I hate it when I have to type things twice. I was nearly done with this one when it just disappeared. So here goes again. When I began planning my garden railroad, I made a list of the things I wanted to include, which got longer as my reading and research progressed. Many things on my list got crossed off due to lack of funds, space, or skill. Many remain, including a gauntlet, trains on several levels, some tracks automated and all able to be manually controlled, at least 30 trains in my complex, a roundhouse and turntable, a 3 way switch, a wye, a 2-8-8-2 (can't afford a Big Boy) and many more. The space allocated for my roundhouse and turntable is between my garage and the west fence. Once my drawings and measurements were completed, I knew I'd need at least 20' to build my 3/4 roundhouse. I planned a 4' turntable, a circle of 4' tracks between the turntable and the roundhouse (because I like the look, and many of the old ones I have pictures of are built that way; not squished and cramped with track 1/4 that long) and finally, a roundhouse 4' deep all the way around. All that adds up to 20' no matter which way you measure. I began building the MIRR last year with 2 circles of track around my pond filter or wishing well which will both be controlled by RR Concepts and each have 2 trains automatically controlled. I have videos at: (MIRR - hitman962[/b]) That's my daughter, Kelly. I also began laying my mainline, near my 3,000 gallon pond, which I dug and built 10 years ago. I have more than 100 fish including 6 koi that are longer than 2' now. All this because I found a website about a pond and garden railroad in Texas a decade ago, owned by a lawyer. At the time, I was researching ponds, AND I NOTICED THE TRAIN CIRCLING THE POND. 
So, I went out and measured the space for my roundhouse complex and I was heart broken. I was 8' short. Maybe my neighbor would let me move the fence back in a half circle at that place. NOT!!!! so I moved my roundhouse and trimmed it down to 4 bays and maybe 4 on either side and moved it to the opposite end of my yard on the east side of my house. And that's when I read about something called a YARD BRIDGE. I think it was on this website but I can't find it now. It's supposed to be able to store more trains in a smaller space than a roundhouse. So I put it in my drawing and I went from 30-40 trains to 50-60 trains in my yard bridge or more if I double or triple up the smaller stuff like the switchers and my 2-8-8-2 (just checking to see if you're still awake.
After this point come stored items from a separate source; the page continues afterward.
-- ===== src/Apiserver/Handler/Keepalive.antt =====
-- apiserver/handler/factor.go: KeepaliveQuery, and the probe of the orderer's port.
use Prim.Native.String.{◌++◌ as str_append}
use test_fabric.Base.{
  ℕ, String, Bool, true, false, Option, none, some, List, Error, State, ◌==◌, if◌then◌else◌,
}
use test_fabric.Base.Int.{pos}
use test_fabric.Base.Go.{Go, ◌>>=◌, pure, call}
use test_fabric.Apiserver.Sdk.Peers.{Policy, Sdk, Network, peer_keepalive}
use test_fabric.Apiserver.Handler.Web.{Request, WriterCall, nothing, WebCodec, status_ok, response}

abbrev pub peer_fail_code : ℕ
peer_fail_code = 601

abbrev pub order_fail_code : ℕ
order_fail_code = 602

-- SetOrderAddrToProbe: whether the address is taken, and `targetOrderAddr` afterwards.
unfoldable pub set_order_addr_to_probe : String → String → Bool × String
set_order_addr_to_probe addr target_order_addr =
    if addr == "" then (false, target_order_addr) else (true, addr)

module _ {World : Type 0} (network : Network World)
    -- `exec.Command("/bin/bash", "-c", command).Run()`
    (run_shell : String → State World (Option Error)) (web : WebCodec) (policy : Policy) (sdk : Sdk)
    (target_order_addr : String) where
  abbrev pub is_none : Option Error → Bool
  is_none none = true
  is_none (some e) = false

  unfoldable pub order_keepalive : Go World Bool
  order_keepalive = do
    failed ← call (run_shell (str_append "nc -v " target_order_addr))
    pure (is_none failed)

  abbrev pub probed : Request → Bool → List WriterCall
  probed c true =
      response web nothing c status_ok (record { status_code = pos 200; status_msg = "SUCCESS" })
        none
  probed c false =
      response web nothing c order_fail_code
        (record { status_code = pos order_fail_code; status_msg = "Order FAILED" }) none

  abbrev pub peer_probed : Request → Bool → Go World (List WriterCall)
  peer_probed c true = do reached ← order_keepalive; pure (probed c reached)
  peer_probed c false = pure (
      response web nothing c peer_fail_code
        (record { status_code = pos peer_fail_code; status_msg = "Peer FAILED" }) none)

  unfoldable pub keepalive_query : Request → Go World (List WriterCall)
  unfolding order_keepalive peer_keepalive response
  keepalive_query c = do
    reached ← peer_keepalive network policy sdk "KeepaliveQuery"
    peer_probed c reached
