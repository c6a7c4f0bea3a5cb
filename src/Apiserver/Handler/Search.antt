-- ===== src/Apiserver/Handler/Search.antt =====
-- apiserver/handler/factor.go: DslQuery, BlockQuery and BlockQueryEx.
use Prim.Native.String.{◌++◌ as str_append}
use test_fabric.Base.{
  ℕ, String, true, false, Option, none, some, List, [], ◌∷◌, ◌++◌, Error, Result, ok, err,
}
use test_fabric.Base.Go.{Go, ◌>>=◌, pure, panic}
use test_fabric.Apiserver.Define.{
  Page, ResponseStatus, QueryRequest, Payload, nil, rows, blocks, factors, texts, QueryContents,
}
use test_fabric.Apiserver.Host.{Host, Ciphers}
use test_fabric.Apiserver.Sdk.Peers.{Policy, Sdk, Network}
use test_fabric.Apiserver.Sdk.Events.{Protos, nil_pointer}
use test_fabric.Apiserver.Sdk.BlockQuery.{EventCodec, Answer, block_query, block_query_ex}
use test_fabric.Apiserver.Sdk.Documents.{Couch, dsl_query, dsl}
use test_fabric.Apiserver.Sdk.Query.{ReplyCodec, query}
use test_fabric.Apiserver.Handler.Web.{
  Request, WriterCall, nothing, contents, WebCodec, status_ok, status_no_content,
  status_bad_request, response, failure,
}

-- `status` and `responseStatus` after a query.
abbrev pub status_of : ResponseStatus → Option Error → ℕ × ResponseStatus
status_of ret_status none = (status_ok, ret_status)
status_of ret_status (some e) = (status_bad_request, failure e)

abbrev pub business_request : String → Page → QueryRequest
business_request business_no page = record {
  dsl_syntax = str_append "{\"selector\":{\"businessNo\":\"" (str_append business_no "\"}}");
  split_page = page;
  block_flag = true;
}

-- `Payload.([]string)`
abbrev pub text_list : Payload → Option (List String)
text_list nil = none
text_list (rows list) = none
text_list (blocks list) = none
text_list (factors list) = none
text_list (texts list) = some list

-- The ids of the transactions, and the status after them: of another payload, the error is asked
-- for its text, which panics if it is nil.
abbrev pub id_list :
    {World : Type 0}
    → Option (List String)
    → ℕ × ResponseStatus
    → Option Error
    → Go World (List String × ℕ × ResponseStatus)
id_list (some ids) status e = pure (ids, status.0, status.1)
id_list none status none = panic nil_pointer
id_list none status (some e) = pure ([], status_bad_request, record (status.1) { status_msg = e })

-- `define.QueryContents{}`
abbrev pub empty_contents : QueryContents
empty_contents = record { schema = ""; payload = nil }

module _ (web : WebCodec) (c : Request) (page : Page) where
  -- The answer of the last line, and the two answers if there are transactions.
  abbrev pub last_response : ℕ × ResponseStatus → List WriterCall
  last_response (status, response_status) =
      response web (contents empty_contents) c status response_status (some page)

  abbrev pub both_responses : ℕ → Answer → List WriterCall
  both_responses status (found, ret_status, p, none) =
      response web (contents found) c status ret_status (some page)
      ++ last_response (status, ret_status)
  both_responses status (found, ret_status, p, some e) =
      response web (contents found) c status_bad_request (failure e) (some page)
      ++ last_response (status_bad_request, failure e)

  abbrev pub respond_ids :
      {World : Type 0}
      → (List String → Go World Answer)
      → List String × ℕ × ResponseStatus
      → Go World (List WriterCall)
  respond_ids ask ([], status, response_status) = pure (last_response (status, response_status))
  respond_ids ask (id ∷ ids, status, response_status) = do
    answer ← ask (id ∷ ids)
    pure (both_responses status answer)

module _ (host : Host) (ciphers : Ciphers host.World) (network : Network host.World)
    (couch : Couch host.World) (protos : Protos) (events : EventCodec) (codec : ReplyCodec)
    (web : WebCodec) (policy : Policy) (sdk : Sdk) (chain_id user_id : String) where
  open host use {World}

  abbrev pub dsl_response : Request → Answer → List WriterCall
  dsl_response c (found, ret_status, page, e) =
      let status = status_of ret_status e in
      response web (contents found) c status.0 status.1 (some page)

  abbrev pub dsl_body : Request → Result String → Go World (List WriterCall)
  dsl_body c (err e) = pure (response web nothing c status_no_content (failure e) none)
  dsl_body c (ok body) = do
    answer ← dsl host ciphers network couch user_id dsl_query (record {
      dsl_syntax = body;
      split_page = web.decode_page (c.header "page");
      block_flag = false;
    })
    pure (dsl_response c answer)

  -- DslQuery
  unfoldable pub search : Request → Go World (List WriterCall)
  unfolding dsl response
  search c = dsl_body c c.body

  -- The two handlers of blocks, which differ in what they ask with the ids that Query finds.
  abbrev pub respond_query :
      (List String → Go World Answer) → Request → Answer → Go World (List WriterCall)
  respond_query ask c (found, ret_status, page, e) = do
    ids ← id_list (text_list found.payload) (status_of ret_status e) e
    respond_ids web c page ask ids

  unfoldable pub search_blocks :
      (List String → Go World Answer) → Request → Go World (List WriterCall)
  unfolding query response
  search_blocks ask c = do
    answer ←
        query host ciphers network codec user_id policy sdk dsl_query
          (web.encode_query (business_request c.id (web.decode_page (c.header "page")))) true
    respond_query ask c answer

  unfoldable pub block_query_handler : Request → Go World (List WriterCall)
  unfolding search_blocks block_query
  block_query_handler = search_blocks (block_query events network protos policy sdk chain_id)

  unfoldable pub block_query_ex_handler : Request → Go World (List WriterCall)
  unfolding search_blocks block_query_ex
  block_query_ex_handler = search_blocks (block_query_ex events network protos policy sdk chain_id)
) I'll have a 4' bridge with two tracks and 4-6' tracks on both sides for the locos/switchers/diesels/whatever else I want spaced as close together as possible. I have a total of 18 tracks on both sides that will be at least 4' long and many will be 6' long. 
My problem is, I can't find any info or pictures of a yard bridge, but most especially, how do I wire and control it? I don't care about automatic control, and will settle for manual control only. I'm writing so I can get as much info/knowledge SWAG'S as possible. If anyone has one, or knows someone who does, and has pictures, please send as many as possible, or the website. How do I wire it? How do I control the bridge? What about the wheels beneath? I imagine a box either wired or wireless with a toggle switch on it so I can manually run the bridge back and forth. This yard bridge is important to me because if I ever take part in the local club's open house, I can display all my locos at once. They'll either be running around, or stored in the yard on either side of the bridge waiting their turn. Please respond and let me hear from you. I'm an FNG as we used to say in the Crime Lab before I became disabled or in other words, a new guy. Knowledge will save me lots of time and effort redoing things the right way. I have drawings and the original picture I found of a yard bridge if anyone needs them. PLEASE RESPOND. FESTUS


----------



## aceinspp (Jan 2, 2008)

Not quite sure what you mean by yard bridge. Are you thinking maybe a transfer table. Could be one in the same . Any additional info on what it would look like and how it operates. Later RJD


----------



## DKRickman (Mar 25, 2008)

I too suspect you're looking for a transfer table. I have never heard of a yard bridge, and Google does not bring up anything especially useful or informative. 

A transfer table is a straight segment (sort of like a bridge, if you like) which runs in a rectangular pit, and which has track on top. By sliding side to side, a locomotive driven onto the table can be run into any of a number of parallel tracks. 

I have seen transfer tables controlled with a locomotive mechanism concealed underneath, and also with threaded rods much like a cross table on a milling machine. The locomotive has the advantage of being simple and controllable by the same means as the rest of your trains. 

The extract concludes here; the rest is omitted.